Não é comum em ser falado, talvez o sentir, sim. Nos é roubado o direito de querer ou não maternar, e se algo assim é sentido, avaliar com muita atenção, pois toda essa frustração não deve ser direcionada a algo que venha mais uma vez gerar culpa e dores. A cisheteronormatividade tem seus dispositivos nas relações de poder em que retiram deles a responsabilidade dessa frustração, dessa sobrecarga, usando mais uma forma de violência para manter a insegurança identitária das mulheres, levando-as a acreditar que ela e a maternidade exercem a máxima culpa pela falta de escolhas e oportunidades. Porém, depois de muitas lutas, vários espaços de fala, reflexão e orientação estão sendo fomentados, assim, como uma matéria sobre essa temática. Nos espaços de jurisdição já existe a entrega voluntária para adoção prevista na Lei 13.509/2017, que trouxe alterações para o Estatuto da Criança e do Adolescente (ECA), onde toda e qualquer mulher que não deseja, ou por razões outras, possa ser assistida pela Justiça da Infância e Juventude, e entregar a criança à adoção, desde o momento do nascimento. Essa informação e conscientização é algo que precisa ter um melhor esclarecimento nos espaços de cuidados sociais e saúde, nas UBSs, UPAs, CREASs, CRAS etc., como uma das formas de amenizar a culpabilização da maternidade.
Como encontrar uma saída para esse tipo de situação? As mulheres têm resistência para pedir ajuda?
Compreender o contexto social, saber da nossa responsabilidade individual não anula a do outro, ter um pensamento crítico sobre os fatores sócio-históricos, compreendendo que as violências de gênero, classe, raça fazem parte das violências estruturais e que somos vítimas delas é o primeiro passo para a consciência política e libertária dos nossos corpos. De certa forma, não existe tanto mais uma resistência, as mulheres aos poucos têm se organizado, escutado mais umas às outras, validando o sofrimento, transgredindo, recusando a submissão e construindo estratégias criativas de enfrentamento mesmo correndo riscos, com altos preços a serem pagos na sociedade, devido ao tabu a todo levante de atualização e libertação, tendo dificuldade em ter acesso a políticas públicas e sociais que venham garantir apoio necessário.
Qual a importância de buscar ajuda profissional para lidar melhor com toda essa pressão imposta pela sociedade?
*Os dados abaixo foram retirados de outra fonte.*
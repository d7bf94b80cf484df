-- ===== src/Main/Shutdown/Closing.antt =====
-- One call of `shutdown`, while the sweep and the batches that run go on, and what holds at its stages.
use mathlib.Core.Path.{subst}
use settlement_engine.Prelude.{ℕ, ◌≤◌, ◌<◌, ◌≡◌, refl, ◌∙◌, true, false, Option, none, some, arith}
use settlement_engine.Processor.Polling.{
  Polling, process_if_due, poll, read_done, batch_done, reclaim_pending, reclaim_done, Step,
  started, polled, read, finished, stopped, went_on, said_goodbye, reclaiming, reclaimed,
}
use settlement_engine.Processor.Polling.Spacing.{OneAtATime, step-One}
use settlement_engine.Sweeper.Timer.{Timer, OneSweep, ticks, ends, run_sweep, sweep_ended, each-One}
use settlement_engine.Main.Shutdown.{
  Engine, Stage, begins, sweep_awaited, at_processor, batch_awaited, farewell_awaited,
  at_nonce_manager, at_client, exited, failed, advance,
}

-- the steps of the processor that are not its start or its `stop`
abbrev pub IsOngoing : {p q : Polling} → Step true p q → Type 0
IsOngoing (polled now ready p spaced) = Unit
IsOngoing (read now matches p reading) = Unit
IsOngoing (finished newer older batch next_try p at) = Unit
IsOngoing (said_goodbye p) = Unit
IsOngoing (reclaiming ready p) = Unit
IsOngoing (reclaimed matches p one) = Unit
IsOngoing (started now ready p spaced) = ⊥
IsOngoing (stopped now p) = ⊥
IsOngoing (went_on now rejected p waiting) = ⊥

process_if_due-running : (now : ℕ) (p : Polling) → (process_if_due now p).is_running ≡ p.is_running
unfolding process_if_due
process_if_due-running now p = ground arith

same_running : {p q : Polling} (s : Step true p q) → IsOngoing s → q.is_running ≡ p.is_running
unfolding poll read_done batch_done reclaim_pending reclaim_done
same_running (polled now ready p spaced) o = ground (arith, process_if_due-running now p)
same_running (read now matches p reading) o = process_if_due-running now _
same_running (finished newer older batch next_try p at) o = refl
same_running (said_goodbye p) o = refl
same_running (reclaiming ready p) o = ground arith
same_running (reclaimed matches p one) o = refl
same_running (started now ready p spaced) o = absurd o
same_running (stopped now p) o = absurd o
same_running (went_on now rejected p waiting) o = absurd o

-- a processor that has been stopped, with no read to come
pub record Halted (p : Polling) : Type 0 where
  pub off : p.is_running ≡ false
  pub unread : p.reads ≡ 0

step-Halted :
    {p q : Polling} (s : Step true p q)
    → IsOngoing s
    → Halted p
    → Halted q
      × (p.processing ≡ false → q.processing ≡ false)
      × (p.farewell ≡ none → q.farewell ≡ none)
unfolding poll read_done batch_done reclaim_pending reclaim_done
step-Halted (polled now ready p spaced) o h = ground (arith, h.off, h.unread)
step-Halted (read now matches p reading) o h = absurd (omega (arith, reading, h.unread))
step-Halted (finished newer older batch next_try p at) o h =
    (record { off = h.off; unread = h.unread }, λ e. refl, λ e. e)
step-Halted (said_goodbye p) o h = (record { off = h.off; unread = h.unread }, λ e. e, λ e. refl)
step-Halted (reclaiming ready p) o h = ground (arith, h.off, h.unread)
step-Halted (reclaimed matches p one) o h =
    (record { off = h.off; unread = h.unread }, λ e. e, λ e. e)
step-Halted (started now ready p spaced) o h = absurd o
step-Halted (stopped now p) o h = absurd o
step-Halted (went_on now rejected p waiting) o h = absurd o

-- the steps of the sweeper that are not its start or its `stop`
pub data Sweeping : Timer → Timer → Type 0 where
  sweep_ticks : (t : Timer) → Sweeping t (run_sweep t)
  sweep_ends : (t : Timer) → 0 < t.sweeps → Sweeping t (sweep_ended t)

-- The only call of `shutdown`, from its begin, with what happens between its steps: no poll begins its read
-- while another reads, and the batch that is awaited does not reject. When the call comes to stop the
-- processor, no poll awaits its read.
pub data Closing (first : Engine) : Stage → Engine → Type 0 where
  called : Closing first begins first
  sweeping :
      {s : Stage} {t u : Timer} (e : Engine)
      → Closing first s e
      → e.sweeper ≡ some t
      → Sweeping t u
      → Closing first s (record e { sweeper = some u })
  polling :
      {s : Stage} {q : Polling} (e : Engine)
      → Closing first s e
      → (step : Step true e.polling q) → IsOngoing step
      → Closing first s (record e { polling = q })
  advancing :
      (s : Stage) (e : Engine) (now : ℕ)
      → Closing first s e
      → (s ≡ at_processor → e.polling.reads ≡ 0)
      → Closing first (advance now false s e).0 (advance now false s e).1

abbrev pub level : Stage → ℕ
level begins = 0
level sweep_awaited = 1
level at_processor = 2
level batch_awaited = 3
level farewell_awaited = 4
level at_nonce_manager = 5
level at_client = 6
level exited = 7
level failed = 8

-- The sweeper by the stage of the call: it runs, it has been stopped, and its sweep has ended.
pub record Watched (n : ℕ) (t : Timer) : Type 0 where
  pub single : OneSweep t
  pub on : n ≡ 0 → t.is_running ≡ true
  pub off : 0 < n → t.is_running ≡ false
  pub over : 1 < n → t.sweeps ≡ 0

abbrev pub SweeperAt : ℕ → Option Timer → Type 0
SweeperAt n none = Unit
SweeperAt n (some t) = Watched n t

tick-Watched : {t u : Timer} (n : ℕ) → Sweeping t u → Watched n t → Watched n u
unfolding run_sweep sweep_ended
tick-Watched n (sweep_ticks t) w = record {
  single = each-One t (run_sweep t) (ticks t) w.single;
  on = λ e. ground (arith, w.on e);
  off = λ h. ground (arith, w.off h);
  over = λ h. ground (arith, w.off, w.over h);
}
tick-Watched n (sweep_ends t some_sweep) w = record {
  single = each-One t (sweep_ended t) (ends t some_sweep) w.single;
  on = w.on;
  off = w.off;
  over = λ h. omega (arith, w.over h);
}

pub record Held (n : ℕ) (e : Engine) : Type 0 where
  pub one : OneAtATime e.polling
  pub watched : SweeperAt n e.sweeper
  pub on : n ≤ 2 → e.polling.is_running ≡ true
  pub halted : 2 < n → Halted e.polling
  pub settled : 3 < n → e.polling.processing ≡ false
  pub said : 4 < n → e.polling.farewell ≡ none
  pub released : 5 < n → e.nonce_manager.lock_id ≡ none
  pub closed : 6 < n → e.clients.redis_client ≡ none

pub polling-Held :
    {q : Polling} (n : ℕ) (e : Engine) (s : Step true e.polling q)
    → IsOngoing s
    → Held n e
    → Held n (record e { polling = q })
polling-Held {q} n e s o h = record {
  one = step-One e.polling q s h.one;
  watched = h.watched;
  on = λ l. same_running s o ∙ h.on l;
  halted = λ l. (step-Halted s o (h.halted l)).0;
  settled = λ l. (step-Halted s o (h.halted (omega arith))).1 (h.settled l);
  said = λ l. (step-Halted s o (h.halted (omega arith))).2 (h.said l);
  released = h.released;
  closed = h.closed;
}

pub tick-Held :
    {t u : Timer} (n : ℕ) (e : Engine)
    → e.sweeper ≡ some t
    → Sweeping t u
    → Held n e
    → Held n (record e { sweeper = some u })
tick-Held {t} n e set s h =
    let w : Watched n t = subst (SweeperAt n) set h.watched in
    record {
      one = h.one;
      watched = tick-Watched n s w;
      on = h.on;
      halted = h.halted;
      settled = h.settled;
      said = h.said;
      released = h.released;
      closed = h.closed;
    }
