-- ===== src/Main/Shutdown/Signals.antt =====
-- A second signal while the engine shuts down.
use settlement_engine.Prelude.{
  ℕ, ◌≡◌, refl, true, false, Option, none, some, arith, Option-cases, inl, inr,
}
use settlement_engine.Exec.{ok}
use settlement_engine.Nonce.{NonceManager, destroy, release_lock}
use settlement_engine.Redis.Client.{RedisClients, close_redis_client}
use settlement_engine.Processor.Polling.{Polling, stop}
use settlement_engine.Sweeper.Timer.{Timer, stop_timer}
use settlement_engine.Main.Shutdown.{
  Engine, begins, batch_awaited, at_nonce_manager, at_client, exited, stop_processor, await_batch,
  advance, advances, destroyed,
}

pub destroy-returns : (n : NonceManager) → (destroy n).0 ≡ ok tt
unfolding destroy release_lock
destroy-returns n = elim (Option-cases n.lock_id) [ inl e ↦ rw e refl | inr (id, e) ↦ rw e refl ]

pub destroyed-goes_on :
    (n : NonceManager) (e : Engine)
    → destroyed (destroy n) e ≡ (at_client, record e { nonce_manager = (destroy n).1 })
destroyed-goes_on n e = ground (arith, destroy-returns n)

pub closed_client : (c : RedisClients) → (close_redis_client c).redis_client ≡ none
unfolding close_redis_client
closed_client c = ground arith

-- a sweeper that runs and awaits no sweep
abbrev pub IsQuiet : Option Timer → Type 0
IsQuiet none = Unit
IsQuiet (some t) = (t.is_running ≡ true) × (t.awaited ≡ false)

busy_stop :
    (now : ℕ) (p : Polling)
    → p.is_running ≡ true
    → p.processing ≡ true
    → stop now p ≡ record p { is_running = false; stopping = true }
unfolding stop
busy_stop now p on busy = ground (arith, on, busy)

-- the engine when the first call awaits the batch in flight
abbrev halted : Option Timer → Engine → Engine
halted none e = record e { polling = record e.polling { is_running = false; stopping = true } }
halted (some t) e = record e {
  sweeper = some (record (stop_timer t) { stopping = false });
  polling = record e.polling { is_running = false; stopping = true };
}

pub halts :
    (now : ℕ) (e : Engine)
    → e.polling.is_running ≡ true
    → e.polling.processing ≡ true
    → stop_processor now e ≡ (
      batch_awaited,
      record e { polling = record e.polling { is_running = false; stopping = true } },
    )
unfolding stop_processor
halts now e on busy = ground (arith, on, busy, busy_stop now e.polling on busy)

pub waits :
    (now : ℕ) (e : Engine)
    → e.polling.processing ≡ true
    → await_batch now false e ≡ (batch_awaited, e)
unfolding await_batch
waits now e busy = ground (arith, busy)

first_call :
    (now : ℕ) (e : Engine) (s : Option Timer)
    → e.sweeper ≡ s
    → e.polling.is_running ≡ true
    → e.polling.processing ≡ true
    → IsQuiet s
    → advances 3 now (begins, e) ≡ (batch_awaited, halted s e)
unfolding advances advance stop_processor await_batch stop_timer
first_call now e none none_set on busy quiet =
    ground (arith, none_set, halts now e on busy, waits now (halted none e) busy)
first_call now e (some t) set on busy quiet = ground (
  arith,
  set,
  quiet.0,
  quiet.1,
  halts now (record e { sweeper = some (record (stop_timer t) { stopping = false }) }) on busy,
)

abbrev IsOff : Option Timer → Type 0
IsOff none = Unit
IsOff (some t) = t.is_running ≡ false

off_processor :
    (now : ℕ) (e : Engine)
    → e.polling.is_running ≡ false
    → stop_processor now e ≡ (at_nonce_manager, e)
unfolding stop_processor
off_processor now e off = ground (arith, off)

-- a call that finds the sweeper and the processor stopped
second_call :
    (now : ℕ) (e : Engine) (s : Option Timer)
    → e.sweeper ≡ s
    → IsOff s
    → e.polling.is_running ≡ false
    → advances 4 now (begins, e) ≡ (
      exited,
      record e {
        nonce_manager = (destroy e.nonce_manager).1;
        clients = close_redis_client e.clients;
      },
    )
unfolding advances advance
second_call now e none is_none off halt =
    ground (arith, is_none, off_processor now e halt, destroyed-goes_on e.nonce_manager e)
second_call now e (some t) set off halt =
    ground (arith, set, off, off_processor now e halt, destroyed-goes_on e.nonce_manager e)

halted-off :
    (now : ℕ) (e : Engine) (s : Option Timer)
    → IsQuiet s
    → e.sweeper ≡ s
    → advances 4 now (begins, halted s e) ≡ (
      exited,
      record (halted s e) {
        nonce_manager = (destroy e.nonce_manager).1;
        clients = close_redis_client e.clients;
      },
    )
unfolding stop_timer
halted-off now e none quiet is_none = second_call now (halted none e) none is_none tt refl
halted-off now e (some t) quiet set =
    second_call now (halted (some t) e) (some (record (stop_timer t) { stopping = false })) refl
      (ground (arith, quiet.0)) refl

halted-in_flight :
    (s : Option Timer) (e : Engine) → (halted s e).polling.in_flight ≡ e.polling.in_flight
halted-in_flight none e = refl
halted-in_flight (some t) e = refl

-- A signal that comes while polls have a batch in flight, and no sweep runs, makes `shutdown` await the
-- batch. A second signal then runs through: it takes the sweeper and the processor for stopped, gives the
-- lock of the wallet back, drops the client of Redis and exits, with the batch still in flight.
pub second_signal_exits :
    (now later : ℕ) (e : Engine)
    → e.polling.is_running ≡ true
    → e.polling.processing ≡ true
    → IsQuiet e.sweeper
    → ((advances 3 now (begins, e)).0 ≡ batch_awaited)
      × ((advances 4 later (begins, (advances 3 now (begins, e)).1)).0 ≡ exited)
      × ((advances 4 later (begins, (advances 3 now (begins, e)).1)).1.polling.in_flight
          ≡ e.polling.in_flight)
      × ((advances 4 later (begins, (advances 3 now (begins, e)).1)).1.nonce_manager
          ≡ (destroy e.nonce_manager).1)
      × ((advances 4 later (begins, (advances 3 now (begins, e)).1)).1.clients.redis_client ≡ none)
second_signal_exits now later e on busy quiet = rw (first_call now e e.sweeper refl on busy quiet) (
    rw (halted-off later e e.sweeper quiet refl)
      (refl, refl, halted-in_flight e.sweeper e, refl, closed_client e.clients))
A ajuda de um profissional da Psicologia tem como premissa máxima acolher de forma ética, escutando e validando toda e qualquer forma de sofrimento, despertando a ampliação da consciência, ajudando na autorregulação, uma adaptação com o meio, sabendo que ali terá o encontro com a vulnerabilidade. Na relação terapêutica, será possível compreender que o sintoma em si não é um problema, e, sim, um caminho para a solução; esse sofrimento que gera uma angústia, dores e até uma depressão foi o modo de operar e lidar com toda a situação de violência, logo, a culpa é um mecanismo opressor, e na terapia a busca é restituir o humano, recobrar o lugar na humanidade.